Happy birthday to a minimalist pioneer
By Jeremy Eichler
Boston Globe/June 27, 2008
CAMBRIDGE - The wind in the local new-music scene often blows in decidedly uptown directions, but the 73d birthday of minimalist pioneer Terry Riley this week did not go completely unnoticed. The Boston-based art-rock band Birdsongs of the Mesozoic has been hosting a salon series at the postage-stamp-size Outpost 186. On Tuesday, by way of a Riley birthday tribute, Birdsongs invited some friends - Vessela Stoyanova and Valerie Thompson from Fluttr Effect, and composer Marti Epstein - to form a seven-piece band that took on Riley's roiling, iconic score "In C."
This landmark of modern art music, often cited as the true opening blast of minimalism, was written in 1964 and premiered at the San Francisco Tape Music Center. (Steve Reich was one of the performers.) Serialism had been the dominant force in contemporary music but Riley's work seemed to explode every one of its tenets like a Molotov cocktail.

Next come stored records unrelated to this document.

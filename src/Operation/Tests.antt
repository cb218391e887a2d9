-- ===== src/Operation/Tests.antt =====
-- Runs and instances of the theorems on the record, its store and the verdicts on it.
use native.Mathlib.Decide.{ℕ_discrete}
use pty.Base.{ℕ, ◌≡◌, ◌≢◌, refl, true, false, List, [], ◌∷◌, none, some, codes, ok, err, pos}
use pty.Process.Table.{Row, ProcTable, row, is_complete, is_zombie, is_exiting}
use pty.Operation.Liveness.{ProcessId, liveness, is_legacy}
use pty.Operation.Record.{
  OperationRecord, State, Phase, WriterRole, writer_of, no_writer, record_schema, check, Cause,
  RetirementPhase,
}
use pty.Operation.Occupancy.{argv_carries_marker}
use pty.Operation.Store.{Disk, stored, lands, fails_after, write_cas_as, OperationRecord_discrete}
use pty.Operation.Store.Swap.{WriteAnswer, write_cas_as-WriteAnswer}
use pty.Operation.Settle.{incarnation_of}
use pty.Operation.Settle.Verdict.{Sources, acquired, closed, settle}
use pty.Operation.Settle.Closed.{IsClosed}
use pty.Operation.Settle.Closed.Judged.{settle-IsClosed}
use pty.Operation.Retire.{Machine, taken, pinned, record_write, wrong_envelope, kill_recorded}
use pty.Operation.Retire.Run.{retire}
use pty.Operation.Retire.Ends.{retire-refused}

abbrev process : ℕ → ProcessId
process pid = record { pid = pid; start_token = codes "linux:7"; boot_id = codes "b"; uid = 0 }

-- A held launch whose daemon 12 is gone, and whose child 13 is left.
abbrev held_launch : OperationRecord
held_launch = record {
  schema = record_schema;
  revision = 7;
  updated_at = [];
  operation_id = codes "op";
  envelope = codes "{}";
  envelope_sha256 = codes "h";
  writer = writer_of WriterRole.producer (process 12);
  state = State.launched;
  phase = Phase.held;
  decision = some (record { cause = Cause.launch; at = []; request_id = none; observed = none });
  participants = record {
    launcher = some (process 11);
    producer = some (process 12);
    child = some (process 13);
  };
  incarnation = some (record {
    id = codes "12:t";
    runtime_id = codes "s";
    generation = codes "g";
    daemon = process 12;
    child = some (process 13);
  });
  retirement = none;
  transfer = none;
}

abbrev child_row : Row
child_row = record {
  pid = pos 13;
  ppid = pos 1;
  pgid = pos 13;
  state = codes "S";
  identity = some (codes "linux:7");
}

abbrev whole_table : List Row → ProcTable
whole_table rows = record { rows = rows; readable = true; complete = true }

abbrev machine : Machine
machine = record {
  lock = taken;
  boot = some (codes "b");
  table = whole_table (child_row ∷ []);
  me = some (process 20);
  now = codes "t";
  request_landing = lands;
  terminal_landing = lands;
  before_pin = whole_table (child_row ∷ []);
  without_pin = whole_table [];
  pin = pinned;
  signal_error = none;
  exit_seen = true;
  after_exit = λ n. whole_table [];
  polls = 3;
  row = codes "removed";
  evidence = codes "{}";
}

abbrev disk : Disk
disk = some (stored held_launch)

retired :
    (retire machine (codes "op") (codes "h") (codes "q") (some (codes "12:t")) disk).answer ≡ ok tt
unfolding retire write_cas_as check kill_recorded liveness is_legacy row is_complete is_zombie
    is_exiting OperationRecord_discrete ℕ_discrete
retired = refl

refused_digest :
    (retire machine (codes "op") (codes "x") (codes "q") (some (codes "12:t")) disk).answer
    ≡ err wrong_envelope
unfolding retire write_cas_as check kill_recorded liveness is_legacy row is_complete is_zombie
    is_exiting OperationRecord_discrete ℕ_discrete
refused_digest = refl

other_code : wrong_envelope ≢ record_write
other_code h = cc

retire-refused_example :
    ((retire machine (codes "op") (codes "x") (codes "q") (some (codes "12:t")) disk).disk ≡ disk)
    × ((retire machine (codes "op") (codes "x") (codes "q") (some (codes "12:t")) disk).log ≡ [])
retire-refused_example =
    retire-refused machine (codes "op") (codes "x") (codes "q") (some (codes "12:t")) disk
      wrong_envelope refused_digest other_code

write_cas_as-WriteAnswer_example :
    WriteAnswer fails_after
      (codes "t")
      held_launch
      (record held_launch { phase = Phase.child_preparing })
      disk
      (write_cas_as fails_after
        (codes "t")
        held_launch
        (record held_launch { phase = Phase.child_preparing })
        disk)
write_cas_as-WriteAnswer_example =
    write_cas_as-WriteAnswer fails_after (codes "t") held_launch
      (record held_launch { phase = Phase.child_preparing }) disk

-- The same launch, retired, on a machine where all of it is gone.
abbrev sources : Sources
sources = record {
  lock = λ n. acquired;
  holder = λ n. false;
  file = ok (
      some (record held_launch {
        writer = no_writer;
        retirement =
            some
              (record { request_id = codes "q"; phase = RetirementPhase.verified; evidence = [] });
      }));
  table = whole_table [];
  boot = some (codes "b");
  scan = record {
    rows =
        (codes "pty" ∷ codes "run" ∷ codes "--" ∷ codes "--launch-operation" ∷ codes "d" ∷ []) ∷ [];
    readable = true;
    complete = true;
    unreadable = [];
  };
  inventory = record { complete = true; entries = [] };
}

settles : (settle (codes "d") (codes "op") (codes "h") sources).verdict ≡ closed
unfolding settle liveness is_legacy row is_complete is_zombie is_exiting argv_carries_marker
    incarnation_of
settles = refl

settle-IsClosed_example :
    (r : OperationRecord) × IsClosed
      (codes "d")
      (codes "op")
      (codes "h")
      sources
      (settle (codes "d") (codes "op") (codes "h") sources)
      r
settle-IsClosed_example = settle-IsClosed (codes "d") (codes "op") (codes "h") sources settles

This marvelously protean piece can be played by ensembles of any size and instrumentation. Its score consists of 53 distinct melodic cells that individual players are encouraged to repeat as many times as they wish before proceeding to the next. The music morphs slowly yet constantly as different patterns emerge, like a kaleidoscope for the ears. Performances can vary wildly in their length and approach, but the best ones convey something of the joyful spirit of liberation with which this music first came into the world.
Flashes of that spirit appeared on Tuesday night, though occasional rhythmic imprecision, dynamic uniformity, and a certain expressive tentativeness kept this performance from truly scaling the heights. Still, it was an invigorating pleasure to hear this work played live in such close quarters. Guitarist Michael Bierylo set things in motion by producing the work's pulse on a laptop, and much of this reading's distinctive quality came from the unusual blending of Ken Field's saxophone, Thompson's cello, and Stoyanova's marimba lumina. The dense web of sound was nothing if not a full-ensemble creation.
This performance clocked in at just about one-half hour (the night also included some group improvisation) and the audience was not much larger than the band on stage. Rather impressively, one man brought his baby, who was wide awake in the front row, taking it all in. Her father apparently places more faith in Riley than in Raffi, when it comes to expanding the mind.